When the journalist, Michael Janofsky, visited Owsley County, Kentucky, he found over half of the adults illiterate, half unemployed, and a poverty rate of nearly 50 percent. The government has been trying to treat the despair with welfare programs for years: 66 percent of the inhabitants receive federal assistance including food stamps and SSI disability payments. This is part of the area's problem.

"The war on poverty was the worst thing that ever happened to Appalachia," Janofsky quoted one resident as saying. "It gave people a way to get by without having to do any work." Local officials told Janofsky that "many parents urge their children to try to go to special education classes at school as a way to prove they are eligible for [SSI] disability benefits." Terrible.

Now why did the war on poverty fail, my fellow forum members? What was wrong with the programs that the nation spent over $5 TRILLION attempting to solve the problems of the poor, only to come up empty?

The economic theory of poverty led to a single underlying principle for welfare programs...since the needy just lacked goods and services to become productive members of the community, all you had to do was give them these things. You didn't need to see that they stopped engaging in the behavior that plunged them into poverty. You didn't need to ask them to apply themselves or to work or to save or to stop using drugs or to stop having babies that they can't support or to make any other kind of effort to improve themselves. No, of course not- why would we want to do that?! So these welfare programs embodied something-for-nothing giving... HANDOUTS!

The handout feature didn't just give away cash and materials like food and housing, but it was also incorporated in programs that provided training, rehabilitation, and education. So, recipients did not have to make ANY significant sacrifices to be admitted and didn't have to make ANY significant effort to stay in them! The program organizers figured that all these people needed was opportunity. Nope. The VERY FIRST thing that they need is MOTIVATION (what a concept!)...they lack the ability to sacrifice and to discipline themselves. So what do the program administrators do? Lower standards, of course! If you can't meet the standards, lower them (A prinicple applied in our public schools as well)! That'll make everything better. This let education/training programs to become more giveaways and wastes of tax dollars. (Disclaimer: I know some of you on the forum have used these programs and I doubt you fit the above discription. What I am talking about is the people who seem to be "stuck" in poverty, not those that actually seem to get out of it.)
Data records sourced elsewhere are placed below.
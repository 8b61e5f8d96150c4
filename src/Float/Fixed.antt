-- ===== src/Float/Fixed.antt =====
-- A concrete `Float` for examples: thousandths, with NaN, for both widths. `pow` is that of whole
-- exponents, `atan2` knows only the half plane, and `sin` and `cos` are their first two terms.
use task_force_radio_standal.Base.{
  ltb, leb, ◌==◌, if◌then◌else◌, Text, ℕ, zero, suc, ◌+◌, ◌-◌, ◌*◌, ◌/◌, ◌%◌, ◌^◌, Bool, true,
  false, not, ◌&&◌, [], ◌∷◌,
}
use task_force_radio_standal.Base.Int.{ℤ, pos, negsuc, pos_part, neg_part, ltb_ℤ, leb_ℤ, eqb_ℤ}
use task_force_radio_standal.Float.{Float}

pub data Fixed : Type 0 where
  nan : Fixed
  milli : ℤ → Fixed

abbrev pub whole : ℕ → Fixed
whole n = milli (pos (n * 1000))

abbrev signed : Bool → ℕ → ℤ
signed false n = pos n
signed true zero = pos 0
signed true (suc n) = negsuc n

abbrev negative : ℤ → Bool
negative (pos n) = false
negative (negsuc n) = true

abbrev size : ℤ → ℕ
size a = pos_part a + neg_part a

abbrev difference : ℕ → ℕ → ℤ
difference a b = if leb b a then pos (a - b) else negsuc (b - a - 1)

abbrev differ : Bool → Bool → Bool
differ true b = not b
differ false b = b

abbrev lift : (ℤ → ℤ → Fixed) → Fixed → Fixed → Fixed
lift f (milli a) (milli b) = f a b
lift f _ _ = nan

abbrev test : (ℤ → ℤ → Bool) → Fixed → Fixed → Bool
test f (milli a) (milli b) = f a b
test f _ _ = false

abbrev pub fixed_lt : Fixed → Fixed → Bool
fixed_lt = test ltb_ℤ

abbrev pub fixed_le : Fixed → Fixed → Bool
fixed_le = test leb_ℤ

abbrev pub fixed_eq : Fixed → Fixed → Bool
fixed_eq = test eqb_ℤ

abbrev pub fixed_add : Fixed → Fixed → Fixed
fixed_add = lift λ a b. milli (difference (pos_part a + pos_part b) (neg_part a + neg_part b))

abbrev pub fixed_sub : Fixed → Fixed → Fixed
fixed_sub = lift λ a b. milli (difference (pos_part a + neg_part b) (neg_part a + pos_part b))

abbrev pub fixed_mul : Fixed → Fixed → Fixed
fixed_mul = lift λ a b. milli (signed (differ (negative a) (negative b)) (size a * size b / 1000))

abbrev pub fixed_div : Fixed → Fixed → Fixed
fixed_div = lift λ a b.
    if size b == 0
    then nan
    else milli (signed (differ (negative a) (negative b)) (size a * 1000 / size b))

-- Newton's iteration downwards.
root_loop : ℕ → ℕ → ℕ → ℕ
root_loop zero n x = x
root_loop (suc fuel) n x =
    let y = (x + n / x) / 2 in let next = root_loop fuel n y in if ltb y x then next else x

unfoldable pub fixed_sqrt : Fixed → Fixed
unfolding root_loop
fixed_sqrt nan = nan
fixed_sqrt (milli (pos n)) = milli (pos (root_loop 64 (n * 1000) (n * 1000 + 1)))
fixed_sqrt (milli (negsuc n)) = nan

power : ℕ → Fixed → Fixed
power zero x = whole 1
power (suc n) x = fixed_mul x (power n x)

unfoldable pub fixed_pow : Fixed → Fixed → Fixed
unfolding power
fixed_pow x (milli (pos n)) = power (n / 1000) x
fixed_pow x _ = whole 0

abbrev pub fixed_atan2 : Fixed → Fixed → Fixed
fixed_atan2 y x = if fixed_lt y (whole 0) then milli (negsuc 1569) else milli (pos 1570)

abbrev is_digit : ℕ → Bool
is_digit c = leb b'0' c && leb c b'9'

-- Up to three digits behind the point.
fraction : ℕ → ℕ → Text → ℕ
fraction zero n s = n
fraction (suc places) n [] = fraction places (n * 10) []
fraction (suc places) n (c ∷ s) =
    if is_digit c then fraction places (n * 10 + (c - b'0')) s else n * 10 ^ suc places

magnitude : ℕ → Text → ℕ
unfolding fraction
magnitude n [] = n * 1000
magnitude n (c ∷ s) =
    let more = magnitude (n * 10 + (c - b'0')) s in
    if is_digit c then more else if c == b'.' then fraction 3 n s else n * 1000

unfoldable pub fixed_strtof : Text → Fixed
unfolding magnitude
fixed_strtof [] = whole 0
fixed_strtof (c ∷ s) =
    if c == b'-' then milli (signed true (magnitude 0 s)) else milli (pos (magnitude 0 (c ∷ s)))

abbrev pub fixed_lround : Fixed → ℤ
fixed_lround nan = pos 0
fixed_lround (milli a) = signed (negative a) ((size a + 500) / 1000)

abbrev pub fixed_of_int : ℤ → Fixed
fixed_of_int (pos n) = whole n
fixed_of_int (negsuc n) = milli (signed true (suc n * 1000))

abbrev pub fixed_abs : Fixed → Fixed
fixed_abs nan = nan
fixed_abs (milli a) = milli (pos (size a))

abbrev pub fixed_neg : Fixed → Fixed
fixed_neg = fixed_sub (whole 0)

-- The quotient is rounded towards zero.
abbrev pub fixed_fmod : Fixed → Fixed → Fixed
fixed_fmod = lift λ a b. if size b == 0 then nan else milli (signed (negative a) (size a % size b))

abbrev pub fixed_trunc : Fixed → ℤ
fixed_trunc nan = pos 0
fixed_trunc (milli a) = signed (negative a) (size a / 1000)

abbrev pub fixed_size : Fixed → ℕ
fixed_size nan = 0
fixed_size (milli a) = pos_part a / 1000

abbrev pub fixed_sin : Fixed → Fixed
fixed_sin x = fixed_sub x (fixed_div (fixed_mul x (fixed_mul x x)) (whole 6))

abbrev pub fixed_cos : Fixed → Fixed
fixed_cos x = fixed_sub (whole 1) (fixed_div (fixed_mul x x) (whole 2))

abbrev pub fixed_float : Float
fixed_float = record {
  F = Fixed;
  decimal = λ m k. milli (pos (m * 1000 / 10 ^ k));
  of_int = fixed_of_int;
  lround = fixed_lround;
  strtof = fixed_strtof;
  seconds = λ n. milli (pos (n / 1000000));
  lt = fixed_lt;
  le = fixed_le;
  eq = fixed_eq;
  add = fixed_add;
  sub = fixed_sub;
  mul = fixed_mul;
  div = fixed_div;
  sqrt = fixed_sqrt;
  pow = fixed_pow;
  atan2 = fixed_atan2;
  neg = fixed_neg;
  sin = fixed_sin;
  fabs = fixed_abs;
  fmod = fixed_fmod;
  trunc = fixed_trunc;
  D = Fixed;
  widen = λ x. x;
  narrow = λ x. x;
  d_decimal = λ m k. milli (pos (m * 1000 / 10 ^ k));
  d_of_nat = whole;
  d_lt = fixed_lt;
  d_neg = fixed_neg;
  d_add = fixed_add;
  d_sub = fixed_sub;
  d_mul = fixed_mul;
  d_div = fixed_div;
  d_sqrt = fixed_sqrt;
  d_sin = fixed_sin;
  d_cos = fixed_cos;
  d_trunc = fixed_size;
}
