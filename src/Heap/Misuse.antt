-- ===== src/Heap/Misuse.antt =====
-- Calls of kernel/memory.c outside its contract: sizes that wrap round, and a second `free`.
use alpha_os.Prelude.{ℕ, ◌+◌, ◌^◌, ◌≤◌, ◌<◌, ◌≡◌, ◌≢◌, refl, true, false, some, List, arith, ◌==◌}
use alpha_os.Bytes.{Ptr, null}
use alpha_os.Heap.{State, Headers, put, heap_size, header_size, word, align, malloc, free, block_of}
use alpha_os.Heap.Blocks.{Block, block, first_fit, allocate, coalesce, At}
use alpha_os.Heap.Tiles.{Tiles, IsHeap, At-header, header_of, Tiles-frame}
use alpha_os.Heap.Merge.{merge_lem}
use alpha_os.Heap.Release.{coalesce-used}
use alpha_os.Heap.Laws.{enough, length-le, free_step, find_free_block_lem, take_block-Allocated}

-- The seven largest sizes wrap round to a block of no bytes.
align-wraps : (size : ℕ) → 2 ^ 32 ≤ size + 7 → size < 2 ^ 32 → align size ≡ 0
unfolding align
align-wraps size lo hi = omega arith

-- `malloc` of one of the seven largest 32-bit sizes succeeds wherever the heap has a free block at
-- all: the pointer is not null, and the block is smaller than what was asked for.
pub malloc_wraps :
    (s : State) (bs : List Block) (fuel size : ℕ)
    → IsHeap s bs
    → enough < fuel
    → 2 ^ 32 ≤ size + 7
    → size < 2 ^ 32
    → first_fit 0 s.heap bs ≢ null
    → (t : Ptr) × (c : ℕ) × (s' : State) × (malloc fuel size s ≡ some (t + header_size, s'))
      × At t (block c false) s'.heap (allocate 0 bs)
      × (c < size)
unfolding malloc
malloc_wraps s bs fuel size is lt lo hi ne =
    let zero_size = align-wraps size lo hi in
    let found = find_free_block_lem is fuel 0 lt in
    let asked : (size == 0) ≡ false = ground arith in
    let got : (first_fit 0 s.heap bs == null) ≡ false = ground arith in
    let a = take_block-Allocated is 0 refl ne in
    let place =
      At-header a.after.headers (a.after.heap + heap_size) a.after.heap a.block_at
        (block a.size false) (allocate 0 bs) a.is_heap.tiles (rw a.heap a.holds) in
    (
      a.block_at,
      a.size,
      a.after,
      rw (asked, zero_size, found, got) a.returns,
      rw a.heap a.holds,
      omega (arith, place, a.is_heap.in_range),
    )

put_self :
    (h : Headers) (t : Ptr) {c : ℕ} {next : Ptr}
    → h t ≡ header_of (block c true) next
    → (a : Ptr) → put h t (record (h t) { is_free = 1 }) a ≡ h a
unfolding put
put_self h t e a = ground arith

-- `free` of a block that is free already (and not empty) passes the check on its header and adds
-- the size to `free_memory` once more, so that the counter no longer agrees with the blocks.
pub free_twice :
    (s : State) (bs : List Block) (fuel t c : ℕ)
    → IsHeap s bs
    → enough < fuel
    → 0 < c
    → At t (block c true) s.heap bs
    → (s' : State) × (free fuel (t + header_size) s ≡ some s')
      × (s'.free_memory ≡ s.free_memory + c)
      × Tiles s'.headers (s.heap + heap_size) s.heap (coalesce bs)
      × ¬ IsHeap s' (coalesce bs)
free_twice s bs fuel t c is lt pos at =
    let lim : Ptr = s.heap + heap_size in
    let (header, low, high) = At-header s.headers lim s.heap t (block c true) bs is.tiles at in
    let back : block_of (t + header_size) ≡ t = omega (arith, is.in_range) in
    let small : word (s.free_memory + c) ≡ s.free_memory + c = omega (arith, is.accounted) in
    let h : Headers = put s.headers t (record (s.headers t) { is_free = 1 }) in
    let tiles =
      Tiles-frame s.headers h lim s.heap bs (λ a le. put_self s.headers t header a) is.tiles in
    let merged =
      merge_lem lim is.in_range bs h s.heap fuel tiles is.ne_null (omega arith)
        (omega (arith, length-le is)) in
    (
      record s { headers = merged.headers; free_memory = s.free_memory + c },
      free_step is fuel t c merged.headers back (rw header refl) (rw header refl) small
          merged.returns,
      refl,
      merged.tiles,
      λ bad. omega (arith, bad.accounted, is.accounted, coalesce-used bs),
    )
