-- ===== src/Heap/Undo.antt =====
-- `free` right after `malloc` (kernel/memory.c) restores the blocks, and never leaves two free
-- neighbours.
use mathlib.Core.Path.{sym, ◌∙◌}
use alpha_os.Prelude.{
  ℕ, ◌+◌, ◌-◌, ◌≤◌, ◌<◌, ◌≡◌, ◌≢◌, refl, ap, inl, inr, Bool, true, false, ◌&&◌, List, [], ◌∷◌,
  arith, ltb, leb, ◌==◌, Bool-cases,
}
use alpha_os.Bytes.{Ptr, null}
use alpha_os.Heap.{header_size}
use alpha_os.Heap.Blocks.{Block, block, behind, first_fit, cut, allocate, release, join, coalesce}
use alpha_os.Heap.Live.{At-le, first_fit-At}
use alpha_os.Heap.Release.{NoFreePair}

-- Whether the first block is free.
abbrev pub head_free : List Block → Bool
head_free [] = false
head_free (b ∷ bs) = b.is_free

join-head : (b : Block) (bs : List Block) → head_free (join b bs) ≡ b.is_free
unfolding join
join-head b [] = refl
join-head b (c ∷ bs) = elim (Bool-cases (b.is_free && c.is_free)) [
  | inl free ↦ rw free (join-head (block (b.size + header_size + c.size) true) bs ∙ ground arith)
  | inr kept ↦ rw kept refl
]

NoFreePair-cons :
    (b : Block) (bs : List Block)
    → (b.is_free && head_free bs) ≡ false
    → NoFreePair bs
    → NoFreePair (b ∷ bs)
NoFreePair-cons b [] first rest = tt
NoFreePair-cons b (c ∷ bs) first rest = (first, rest)

join-NoFreePair : (b : Block) (bs : List Block) → NoFreePair (join b bs)
unfolding join
join-NoFreePair b [] = tt
join-NoFreePair b (c ∷ bs) = elim (Bool-cases (b.is_free && c.is_free)) [
  | inl free ↦ rw free (join-NoFreePair (block (b.size + header_size + c.size) true) bs)
  | inr kept ↦
      rw kept (NoFreePair-cons b (join c bs) (rw (join-head c bs) kept) (join-NoFreePair c bs))
]

-- Merging leaves no two free neighbours.
pub coalesce-NoFreePair : (bs : List Block) → NoFreePair (coalesce bs)
unfolding coalesce
coalesce-NoFreePair [] = tt
coalesce-NoFreePair (b ∷ bs) = join-NoFreePair b bs

-- Where the front may not be merged, merging goes on behind it.
join-coalesce :
    (b : Block) (bs : List Block)
    → (b.is_free && head_free bs) ≡ false
    → join b bs ≡ b ∷ coalesce bs
unfolding join coalesce
join-coalesce b [] apart = refl
join-coalesce b (c ∷ bs) apart = rw apart refl

coalesce-eq_self : (bs : List Block) → NoFreePair bs → coalesce bs ≡ bs
unfolding coalesce
coalesce-eq_self [] ok = refl
coalesce-eq_self (b ∷ []) ok = join-coalesce b [] (ground arith)
coalesce-eq_self (b ∷ c ∷ bs) ok =
    join-coalesce b (c ∷ bs) ok.0 ∙ ap (λ l. b ∷ l) (coalesce-eq_self (c ∷ bs) ok.1)

NoFreePair-uncons :
    (b : Block) (bs : List Block)
    → NoFreePair (b ∷ bs)
    → ((b.is_free && head_free bs) ≡ false) × NoFreePair bs
NoFreePair-uncons b [] ok = (ground arith, tt)
NoFreePair-uncons b (c ∷ bs) ok = ok

module _ (n : ℕ) where
  cut-undone :
      (p : Ptr) (b : Block) (bs : List Block)
      → NoFreePair (b ∷ bs)
      → b.is_free ≡ true
      → n ≤ b.size
      → (coalesce (release p p (cut n b bs)) ≡ b ∷ bs)
        × (head_free (release p p (cut n b bs)) ≡ true)
  unfolding release coalesce join
  cut-undone p b bs ok free fits =
      let here : (p == p) ≡ true = ground arith in
      let whole : block b.size true ≡ b = ground arith in
      let back : join b bs ≡ b ∷ bs = coalesce-eq_self (b ∷ bs) ok in
      elim (Bool-cases (ltb (n + header_size + 16) b.size)) [
        | inl wide ↦
            let room : n + header_size + 16 < b.size = ground arith in
            let sum : n + header_size + (b.size - n - header_size) ≡ b.size = omega arith in
            rw (wide, here) (rw (sum, whole) back, refl)
        | inr narrow ↦ rw (narrow, here) (rw whole back, refl)
      ]

  -- A block that is put to use and freed at once gives back the blocks there were.
  pub allocate-undone :
      (p t : Ptr) (bs : List Block)
      → NoFreePair bs
      → first_fit n p bs ≡ t
      → t ≢ null
      → (coalesce (release t p (allocate n bs)) ≡ bs)
        × (head_free (release t p (allocate n bs)) ≡ head_free bs)
  unfolding first_fit allocate release coalesce
  allocate-undone p t [] ok e ne = absurd (ne (sym e))
  allocate-undone p t (b ∷ bs) ok e ne = elim (Bool-cases (b.is_free && leb n b.size)) [
    | inl fits ↦
        let here : p ≡ t = rw fits at e in
        let free : b.is_free ≡ true = ground arith in
        let (back, head) = cut-undone p b bs ok free (ground arith) in
        rw (fits, ← here) (back, head ∙ sym free)
    | inr misses ↦
        let e' : first_fit n (behind p b) bs ≡ t = rw misses at e in
        let (c, at, free) = first_fit-At n (behind p b) t bs e' ne in
        let later : (t == p) ≡ false = ground (arith, At-le t (behind p b) c bs at) in
        let (apart, rest) = NoFreePair-uncons b bs ok in
        let (back, head) = allocate-undone (behind p b) t bs rest e' ne in
        rw (misses, later) (join-coalesce b _ (rw head apart) ∙ ap (λ l. b ∷ l) back, refl)
  ]
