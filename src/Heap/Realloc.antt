-- ===== src/Heap/Realloc.antt =====
-- `malloc` followed by `free`, `realloc` and `calloc` (kernel/memory.c).
use mathlib.Core.Path.{subst, ap, ◌∙◌}
use alpha_os.Prelude.{
  ℕ, ◌+◌, ◌-◌, ◌*◌, ◌^◌, ◌≤◌, ◌<◌, ◌≡◌, ◌≢◌, refl, ◌⊎◌, true, false, Option, some, List, arith, leb,
  ◌==◌, inl, inr, if◌then◌else◌,
}
use alpha_os.Bytes.{Ptr, null, Memory, memcpy, memset}
use alpha_os.Bytes.Copy.{within, memcpy_lem, memset_lem}
use alpha_os.Heap.{
  State, heap_size, header_size, word, align, malloc, calloc, free, move_block, realloc, block_of,
}
use alpha_os.Heap.Blocks.{Block, block, first_fit, allocate, release, coalesce, At}
use alpha_os.Heap.Tiles.{IsHeap, At-header}
use alpha_os.Heap.Release.{NoFreePair, NoFit}
use alpha_os.Heap.Live.{allocate-live, release-live}
use alpha_os.Heap.Undo.{allocate-undone}
use alpha_os.Heap.Laws.{
  enough, align_lem, Allocated, malloc_lem, free_lem, find_free_block_lem, take_block-Allocated,
}

module _ {s : State} {bs : List Block} (is : IsHeap s bs) where
  -- A block that `malloc` handed out is not null.
  Allocated-ne_null : {n : ℕ} {r : Option (Ptr × State)} (a : Allocated is n r) → a.block_at ≢ null
  Allocated-ne_null a e =
      let at =
        At-header a.after.headers (a.after.heap + heap_size) a.after.heap a.block_at
          (block a.size false) _ a.is_heap.tiles (rw a.heap a.holds) in
      omega (arith, at, a.is_heap.ne_null)

  -- `free` right after a successful `malloc` gives back the very blocks there were, in a heap
  -- without free neighbours, and the same `free_memory`: nothing leaks.
  pub free-malloc :
      (fuel size : ℕ)
      → enough < fuel
      → NoFreePair bs
      → Allocated is (align size) (malloc fuel size s)
      → (ptr : Ptr) × (s1 : State) × (s2 : State) × (malloc fuel size s ≡ some (ptr, s1))
        × (free fuel ptr s1 ≡ some s2)
        × IsHeap s2 bs
        × (s2.free_memory ≡ s.free_memory)
  free-malloc fuel size lt ok a =
      let n : ℕ = align size in
      let (back, _) = allocate-undone n s.heap a.block_at bs ok a.first (Allocated-ne_null a) in
      let (s2, freed, is2, _) = free_lem a.is_heap fuel a.block_at a.size lt (rw a.heap a.holds) in
      let is2' : IsHeap s2 bs =
        subst (λ l. IsHeap s2 l) back
          (subst (λ q. IsHeap s2 (coalesce (release a.block_at q (allocate n bs)))) a.heap is2) in
      (
        a.block_at + header_size,
        a.after,
        s2,
        a.returns,
        freed,
        is2',
        omega (arith, is2'.accounted, is.accounted),
      )

malloc-Allocated :
    {s : State} {bs : List Block} (is : IsHeap s bs) (fuel size : ℕ)
    → enough < fuel
    → 0 < size
    → size + 7 < 2 ^ 32
    → first_fit (align size) s.heap bs ≢ null
    → Allocated is (align size) (malloc fuel size s)
unfolding malloc
malloc-Allocated {s = s} {bs = bs} is fuel size lt pos fits ne =
    let found = find_free_block_lem is fuel (align size) lt in
    let asked : (size == 0) ≡ false = ground arith in
    let got : (first_fit (align size) s.heap bs == null) ≡ false = ground arith in
    rw (asked, found, got) (take_block-Allocated is (align size) (align_lem size fits).2 ne)

-- Where a free block is large enough for the size, rounded up, and no two free blocks are
-- neighbours, `malloc` of the size (not zero, and not wrapping round when it is rounded up) and then
-- `free` of its result give back the very blocks there were, and the same `free_memory`.
pub free-malloc_restores :
    {s : State} {bs : List Block} (is : IsHeap s bs) (fuel size : ℕ)
    → enough < fuel
    → 0 < size
    → size + 7 < 2 ^ 32
    → first_fit (align size) s.heap bs ≢ null
    → NoFreePair bs
    → (ptr : Ptr) × (s1 : State) × (s2 : State) × (malloc fuel size s ≡ some (ptr, s1))
      × (free fuel ptr s1 ≡ some s2)
      × IsHeap s2 bs
      × (s2.free_memory ≡ s.free_memory)
free-malloc_restores is fuel size lt pos fits ne ok =
    free-malloc is fuel size lt ok (malloc-Allocated is fuel size lt pos fits ne)

IsHeap-bytes :
    (s : State) (bs : List Block) (m : Memory) → IsHeap s bs → IsHeap (record s { bytes = m }) bs
IsHeap-bytes s bs m is = record {
  start = is.start;
  ne_null = is.ne_null;
  in_range = is.in_range;
  tiles = is.tiles;
  aligned = is.aligned;
  total = is.total;
  accounted = is.accounted;
}

copied_byte :
    (m0 m1 m2 : Memory) (d p n i : ℕ)
    → i < n
    → m2 ≡ m1
    → ((a : Ptr) → m1 a ≡ (if within d n a then m0 (p + (a - d)) else m0 a))
    → m2 (d + i) ≡ m0 (p + i)
copied_byte m0 m1 m2 d p n i lt e copied =
    let hit : within d n (d + i) ≡ true = ground arith in
    let offset : d + i - d ≡ i = omega arith in rw e (copied (d + i) ∙ rw (hit, offset) refl)

move_block-null :
    (fuel ptr size : ℕ) (s : State)
    → malloc fuel size s ≡ some (null, s)
    → move_block fuel ptr size s ≡ some (null, s)
unfolding move_block
move_block-null fuel ptr size s failed = rw failed refl

module _ {s : State} {bs : List Block} (is : IsHeap s bs) where
  -- What `realloc` to `n` bytes, rounded up, leaves when it moves a block of `m` bytes from `t`.
  pub record Moved (t m n : ℕ) (r : Option (Ptr × State)) : Type 0 where
    pub block_at : Ptr
    pub size : ℕ
    pub after : State
    pub returns : r ≡ some (block_at + header_size, after)
    pub is_heap : IsHeap after (coalesce (release t s.heap (allocate n bs)))
    pub holds : At block_at (block size false) s.heap (coalesce (release t s.heap (allocate n bs)))
    pub fits : n ≤ size
    pub content :
        (i : ℕ) → i < m → after.bytes (block_at + header_size + i) ≡ s.bytes (t + header_size + i)

  move_block-Moved :
      (fuel t m size : ℕ)
      → enough < fuel
      → At t (block m false) s.heap bs
      → m ≤ align size
      → Allocated is (align size) (malloc fuel size s)
      → Moved t m (align size) (move_block fuel (t + header_size) size s)
  unfolding move_block
  move_block-Moved fuel t m size lt at wider a =
      let n : ℕ = align size in
      let q : Ptr = a.block_at in
      let ne = Allocated-ne_null is a in
      let (kept, apart) = allocate-live n s.heap q t m a.size bs a.first ne a.holds at in
      let kept' : At t (block m false) a.after.heap (allocate n bs) = rw a.heap kept in
      let (header, low, high) =
        At-header a.after.headers (a.after.heap + heap_size) a.after.heap t (block m false)
          (allocate n bs) a.is_heap.tiles kept' in
      let back : block_of (t + header_size) ≡ t = omega (arith, a.is_heap.in_range) in
      let m' : Memory = (memcpy (q + header_size) (t + header_size) m a.after.bytes).1 in
      let (ret, copied) =
        memcpy_lem (q + header_size) (t + header_size) m a.after.bytes
          (omega (arith, apart, a.fits, wider)) in
      let (s', freed, is', kept_bytes) =
        free_lem (IsHeap-bytes a.after (allocate n bs) m' a.is_heap) fuel t m lt kept' in
      let object : (q + header_size == null) ≡ false = ground arith in
      let asked : (a.after.headers t).size ≡ m = rw header refl in
      record {
        block_at = q;
        size = a.size;
        after = s';
        returns = rw (a.returns, object, back, asked, freed) refl;
        is_heap = subst (λ p. IsHeap s' (coalesce (release t p (allocate n bs)))) a.heap is';
        holds = release-live s.heap t q a.size (allocate n bs) (omega (arith, apart)) a.holds;
        fits = a.fits;
        content = λ i lt'.
            copied_byte a.after.bytes m' s'.bytes (q + header_size) (t + header_size) m i lt'
              kept_bytes copied
            ∙ ap (λ (b : Memory). b (t + header_size + i)) a.bytes;
      }

  -- `realloc` of a block in use to a size that is larger (and that does not wrap round when it is
  -- rounded up): either no free block is large enough, the result is null and nothing is changed,
  -- or the result is a block in use, large enough, that begins with the old block's bytes, and the
  -- heap stands for the blocks with that one put to use and the old one free.
  pub realloc_grows :
      (fuel t m size : ℕ)
      → enough < fuel
      → At t (block m false) s.heap bs
      → m < size
      → size + 7 < 2 ^ 32
      → (NoFit (align size) bs × (realloc fuel (t + header_size) size s ≡ some (null, s)))
        ⊎ Moved t m (align size) (realloc fuel (t + header_size) size s)
  unfolding realloc
  realloc_grows fuel t m size lt at wider fits =
      let (header, low, high) =
        At-header s.headers (s.heap + heap_size) s.heap t (block m false) bs is.tiles at in
      let back : block_of (t + header_size) ≡ t = omega (arith, is.in_range) in
      let object : (t + header_size == null) ≡ false = ground arith in
      let asked : (size == 0) ≡ false = ground arith in
      let small : leb size m ≡ false = ground arith in
      let rounded : m ≤ align size = omega (arith, align_lem size fits) in
      rw (object, asked, back, header, small)
        (elim (malloc_lem is fuel size lt (omega arith) fits) [
          | inl (none_fits, failed) ↦
              inl (none_fits, move_block-null fuel (t + header_size) size s failed)
          | inr a ↦ inr (move_block-Moved fuel t m size lt at rounded a)
        ])

  -- `realloc` of a block in use to a size, not 0, that the block already has room for returns the pointer unchanged.
  pub realloc_fits :
      (fuel t m size : ℕ)
      → At t (block m false) s.heap bs
      → 0 < size
      → size ≤ m
      → realloc fuel (t + header_size) size s ≡ some (t + header_size, s)
  unfolding realloc
  realloc_fits fuel t m size at pos le =
      let (header, low, high) =
        At-header s.headers (s.heap + heap_size) s.heap t (block m false) bs is.tiles at in
      let back : block_of (t + header_size) ≡ t = omega (arith, is.in_range) in
      let object : (t + header_size == null) ≡ false = ground arith in
      let asked : (size == 0) ≡ false = ground arith in
      let fits : leb size m ≡ true = ground arith in rw (object, asked, back, header, fits) refl

  -- `calloc` of a product that is not zero and does not wrap round gives null only if no free
  -- block is large enough, and else a block of zeros, large enough, that is put to use.
  pub calloc_lem :
      (fuel nmemb size : ℕ)
      → enough < fuel
      → 0 < nmemb * size
      → nmemb * size + 7 < 2 ^ 32
      → (NoFit (align (nmemb * size)) bs × (calloc fuel nmemb size s ≡ some (null, s)))
        ⊎ ((q : Ptr) × (c : ℕ) × (s' : State) × (calloc fuel nmemb size s
              ≡ some (q + header_size, s'))
            × IsHeap s' (allocate (align (nmemb * size)) bs)
            × At q (block c false) s.heap (allocate (align (nmemb * size)) bs)
            × (nmemb * size ≤ c)
            × ((i : ℕ) → i < nmemb * size → s'.bytes (q + header_size + i) ≡ 0))
  unfolding calloc
  calloc_lem fuel nmemb size lt pos fits =
      let n : ℕ = nmemb * size in
      let product : word (nmemb * size) ≡ nmemb * size = omega arith in
      rw product (elim (malloc_lem is fuel n lt pos fits) [
        | inl (none_fits, failed) ↦ inl (none_fits, rw failed refl)
        | inr a ↦
            let q : Ptr = a.block_at + header_size in
            let object : (q == null) ≡ false = ground arith in
            let (ret, zeros) = memset_lem q 0 n a.after.bytes in
            let filled : State = record (a.after) { bytes = (memset q 0 n a.after.bytes).1 } in
            inr (
              a.block_at,
              a.size,
              filled,
              rw (a.returns, object) refl,
              IsHeap-bytes a.after (allocate (align n) bs) filled.bytes a.is_heap,
              a.holds,
              omega (arith, a.fits, align_lem n fits),
              λ i below. ground (arith, zeros (q + i)),
            )
      ])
Another example of a handout approach applied to a welfare program, you ask? Head Start. The idea behind HS is to give poverty-level preschoolers a social and educational environment that would help them succeed in school later on. In HS, it is vital that anything learned be reinforced at home by the children's parents (or parent in most cases). HS's promoters insist that parent participation is CRUCIAL to the success of early intervention(1). So, shouldn't parental involvement be a REQUIREMENT of the program? Well, the idea of a requirement goes against the handout principle... Most parents have NO involvement with the HS program and they use it mainly for a baby-sitting service- funded by TAX DOLLARS! APALLING!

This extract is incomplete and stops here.